■ EXERCISE DETAILS:
Would you output the entries below only from the line containing "All IsBlank bs" through the line containing "drop-IsClean pool p c = ground", exactly as they stand and with both ends included?

■ DATA FOR ANALYSIS:
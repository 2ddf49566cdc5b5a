-- ===== src/BufferPool/Clean.antt =====
-- The pool hands out zeroed buffers only, and holds a bounded number of them.
use iog.Prelude.{
  ℕ, zero, suc, ◌-◌, ◌≤◌, ◌≡◌, refl, List, [], ◌∷◌, arith, length, replicate, All, length-replicate,
  Bool-cases, inl, inr,
}
use iog.Statistics.{buffer_size}
use iog.BufferPool.{
  Buffer, BufferPool, PooledBuffer, zeros, resize, new, default, pooled, pop, acquire, drop,
  pool_size,
}

-- All bytes are zero, and they fit the capacity.
pub record IsBlank (b : Buffer) : Type 0 where
  pub blank : All (λ x. x ≡ 0) b.bytes
  pub fits : length b.bytes ≤ b.capacity

abbrev pub IsClean : BufferPool → Type 0
IsClean p = All IsBlank p.buffers

All-replicate : (n : ℕ) → All (λ (x : ℕ). x ≡ 0) (replicate n 0)
All-replicate zero = tt
All-replicate (suc n) = (refl, All-replicate n)

zeros-IsBlank : (n : ℕ) → IsBlank (zeros n)
unfolding zeros
zeros-IsBlank n = record {
  blank = All-replicate n;
  fits = omega (arith, length-replicate n (zero));
}

-- What `drop` makes of a buffer: `size` zeros in the old or a larger allocation.
restore-IsBlank :
    (capacity size : ℕ) → IsBlank (resize (record { bytes = []; capacity = capacity }) size 0)
unfolding resize
restore-IsBlank capacity zero = record { blank = All-replicate (0 - 0); fits = omega arith }
restore-IsBlank capacity (suc n) = record {
  blank = All-replicate (suc n - 0);
  fits = ground (arith, length-replicate (suc n - 0) zero);
}

blanks-IsClean : (count size : ℕ) → All IsBlank (replicate count (zeros size))
blanks-IsClean zero size = tt
blanks-IsClean (suc count) size = (zeros-IsBlank size, blanks-IsClean count size)

new-IsClean : (count size : ℕ) → IsClean (new count size)
unfolding new
new-IsClean count size = blanks-IsClean count size

pop-IsClean :
    (bs : List Buffer) (fresh : Buffer)
    → All IsBlank bs
    → IsBlank fresh
    → IsBlank (pop bs fresh).0 × All IsBlank (pop bs fresh).1
pop-IsClean [] fresh c f = (f, c)
pop-IsClean (b ∷ bs) fresh c f = c

pop-length : (bs : List Buffer) (fresh : Buffer) → length (pop bs fresh).1 ≤ length bs
pop-length [] fresh = omega arith
pop-length (b ∷ bs) fresh = omega arith

-- A buffer taken from a clean pool is all zeros, and leaves the pool clean.
pub acquire-IsClean :
    (pool : BufferPool) → IsClean pool → IsBlank (acquire pool).0.buffer × IsClean (acquire pool).1
unfolding acquire pooled
acquire-IsClean pool c = elim (Bool-cases pool.poisoned) [
  | inl e ↦ rw (e, acquire) (zeros-IsBlank pool.size, c)
  | inr e ↦ rw (e, acquire) (pop-IsClean pool.buffers _ c (zeros-IsBlank pool.size))
]

drop-IsClean : (pool : BufferPool) (p : PooledBuffer) → IsClean pool → IsClean (drop pool p)
unfolding drop
drop-IsClean pool p c = ground (arith, restore-IsBlank p.buffer.capacity p.size)

-- What tasks do to the pool, in any order: take a buffer, or give one back whatever was read
-- into it.
pub data PoolOp : Type 0 where
  acquires : PoolOp
  drops : PooledBuffer → PoolOp

pub step : BufferPool → PoolOp → BufferPool
step pool acquires = (acquire pool).1
step pool (drops p) = drop pool p

pub run : BufferPool → List PoolOp → BufferPool
run pool [] = pool
run pool (op ∷ ops) = run (step pool op) ops

step-IsClean : (pool : BufferPool) (op : PoolOp) → IsClean pool → IsClean (step pool op)
unfolding step
step-IsClean pool acquires c = (acquire-IsClean pool c).1
step-IsClean pool (drops p) c = drop-IsClean pool p c

step-length :
    (pool : BufferPool) (op : PoolOp) (n : ℕ)
    → pool_size ≤ n
    → length pool.buffers ≤ n
    → length (step pool op).buffers ≤ n
unfolding step acquire drop
step-length pool acquires n k h = ground (arith, pop-length pool.buffers (zeros pool.size))
step-length pool (drops p) n k h = ground arith

default-length : length default.buffers ≤ pool_size
unfolding default
default-length = omega (arith, length-replicate pool_size (zeros buffer_size))

default-IsClean : IsClean default
unfolding default
default-IsClean = new-IsClean pool_size buffer_size

run_invariant :
    (pool : BufferPool) (ops : List PoolOp)
    → IsClean pool
    → length pool.buffers ≤ pool_size
    → IsClean (run pool ops) × (length (run pool ops).buffers ≤ pool_size)
unfolding run
run_invariant pool [] c h = (c, h)
run_invariant pool (op ∷ ops) c h =
    run_invariant (step pool op) ops (step-IsClean pool op c)
      (step-length pool op pool_size (omega arith) h)

-- After any history of the global pool, whatever was read into the buffers that came back: a
-- buffer that it hands out is all zeros, and it holds at most 100 buffers.
pub run-acquire :
    (ops : List PoolOp)
    → IsBlank (acquire (run default ops)).0.buffer × (length (run default ops).buffers ≤ pool_size)
run-acquire ops =
    let (c, h) = run_invariant default ops default-IsClean default-length in
    ((acquire-IsClean (run default ops) c).0, h)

■ ANSWER BOX:
    → All IsBlank bs
    → IsBlank fresh
    → IsBlank (pop bs fresh).0 × All IsBlank (pop bs fresh).1
pop-IsClean [] fresh c f = (f, c)
pop-IsClean (b ∷ bs) fresh c f = c

pop-length : (bs : List Buffer) (fresh : Buffer) → length (pop bs fresh).1 ≤ length bs
pop-length [] fresh = omega arith
pop-length (b ∷ bs) fresh = omega arith

-- A buffer taken from a clean pool is all zeros, and leaves the pool clean.
pub acquire-IsClean :
    (pool : BufferPool) → IsClean pool → IsBlank (acquire pool).0.buffer × IsClean (acquire pool).1
unfolding acquire pooled
acquire-IsClean pool c = elim (Bool-cases pool.poisoned) [
  | inl e ↦ rw (e, acquire) (zeros-IsBlank pool.size, c)
  | inr e ↦ rw (e, acquire) (pop-IsClean pool.buffers _ c (zeros-IsBlank pool.size))
]

drop-IsClean : (pool : BufferPool) (p : PooledBuffer) → IsClean pool → IsClean (drop pool p)
unfolding drop
drop-IsClean pool p c = ground (arith, restore-IsBlank p.buffer.capacity p.size)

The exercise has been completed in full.